それは、数秒ごとに移り変わるアートスタイルからも見て取れます。少し前に見ていたスタイルを思い出せないくらい目まぐるしく変化する画面は、「標準」を設定しないという意図でしょうか。
ジャパニメーション風の女の子にとってはジャパニメーションの世界が普通なわけです。前作ではまだまだマイルスの世界から浮いていた彼女は、地の絵の変化が凄まじい今作においてはいたって自然に背景に溶け込んでいます。そこにおいては誰もが特殊でありながら誰もが特殊ではないのです。

たとえば20世紀の美術や建築におけるモダニズムが場所や歴史の拘束から抜け出し、地球上どの場所にも平等に降る太陽の光のような透明な普遍性を目指したものだと一応言うことができるとして、それに比べて『アクロス〜』が描こうとしている世界はどうかといえば、それぞれの場所、個人史も含めた歴史に翻弄されながらも懸命に生きているあらゆる存在の様態が不透明な塗りでそれぞれに主張され、併存している世界だと言えるのではないでしょうか。

で、じゃあそんな素晴らしい理念を感じられる作品になぜ僕が乗り切れなかったかと言えば、それは先に書いたアートスタイルの過剰に関係するのです。
それぞれの存在の様態がそれぞれに並び立ち、個々がその特性のゆえに降りかかる理不尽を打ち破るというメッセージとは反対のものを僕は画面から感じ取ってしまったのです。

ジャパニメーションからセックス・ピストルズ風のスタイル、印象派風、ルネサンス風という節操のないスタイルが、暴力的なまでに高いクオリティで一本の映画にまとめ上げられている。
前作では「混乱したアートスタイル」という一貫したスタイルのまとまりの良さに感動しましたが、散々書いてきたように今作のアートスタイルはより過剰に混乱しており、それをまとめるための力が前作よりも強くなったように思います。
その力の強さがゆえに「個」を重視するメッセージとは裏腹の、ある一つの普遍性に到達しようという帝国的野望めいたものを画面から感じてしまったのです。

あそこまでの混乱を混乱と見せないその凄まじい統合力に、なにか個々人の特性と相入れないものを感じてしまったというわけです。

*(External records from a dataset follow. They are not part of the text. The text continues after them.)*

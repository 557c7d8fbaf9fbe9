-- ===== src/Workflow/Redact.antt =====
-- `redact_run_params` of era/workflows/definition.py: what of a run's parameters is stored.
use era_ai.Prelude.{Bool, false, [], is_some, if◌then◌else◌}
use era_ai.Security.Redaction.{redacted, is_secret_key}
use era_ai.Value.{
  Value, null, bool, int, float, str, obj, arr, Fields, end, field, Items, nil, cons,
}
use era_ai.Vault.Reference.{parse_vault_ref}

-- `_is_vault`
is_vault : Value → Bool
unfolding parse_vault_ref
is_vault (str s) = is_some (parse_vault_ref s)
is_vault _ = false

unfoldable mutual
  unfolding is_vault is_secret_key

  rec_value : Value → Value
  rec_value null = null
  rec_value (bool b) = bool b
  rec_value (int n) = int n
  rec_value (float m e) = float m e
  rec_value (str s) = str s
  rec_value (obj fs) = obj (rec_fields fs)
  rec_value (arr xs) = arr (rec_items xs)

  rec_fields : Fields → Fields
  rec_fields end = end
  rec_fields (field k v fs) =
      field k (if is_vault v then v else if is_secret_key k [] then str redacted else rec_value v)
        (rec_fields fs)

  rec_items : Items → Items
  rec_items nil = nil
  rec_items (cons x xs) = cons (rec_value x) (rec_items xs)

unfoldable pub redact_run_params : Fields → Fields
unfolding rec_fields
redact_run_params params = rec_fields params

その凄まじさは先に書いたように、シナリオの必然性を越えたマニエリスム的な見え方だと言えるかもしれません。前作では混乱から生じる斥力とそれをまとめる引力とが釣り合っていたため感じなかった力が、均衡が破れたことによってこちらに伝わってきてしまったという感じです。

まとめるなら、個々が並び立つ世界を表現しようとしてありとあらゆるスタイルを採用した結果、それらをまとめる力を強大にせざるを得ず、結果一つの理想を確立しようとする「普遍」の概念に接近してしまったのではないか、というのが僕の感想です。

映画を観終わった後のマックで感想を書き始めたらこんなに長くなってしまいました。
べつに普遍が悪いというわけではなくて、帝国的野望だとしても実現する世界がみんな漏れなくハッピーならそれが1番なんですが、単純に映画の好みとしてもう少し描き方が換喩的?提喩的?象徴的な?な方が好きなんですよね。
ある個人があくまでその個を一つの特殊として存在しながらある時ふと大きなものと交差するような。前にも書きましたがアルフォンソ・キュアロンの『ROMA』なんかがまさにそういう映画だと思うのです。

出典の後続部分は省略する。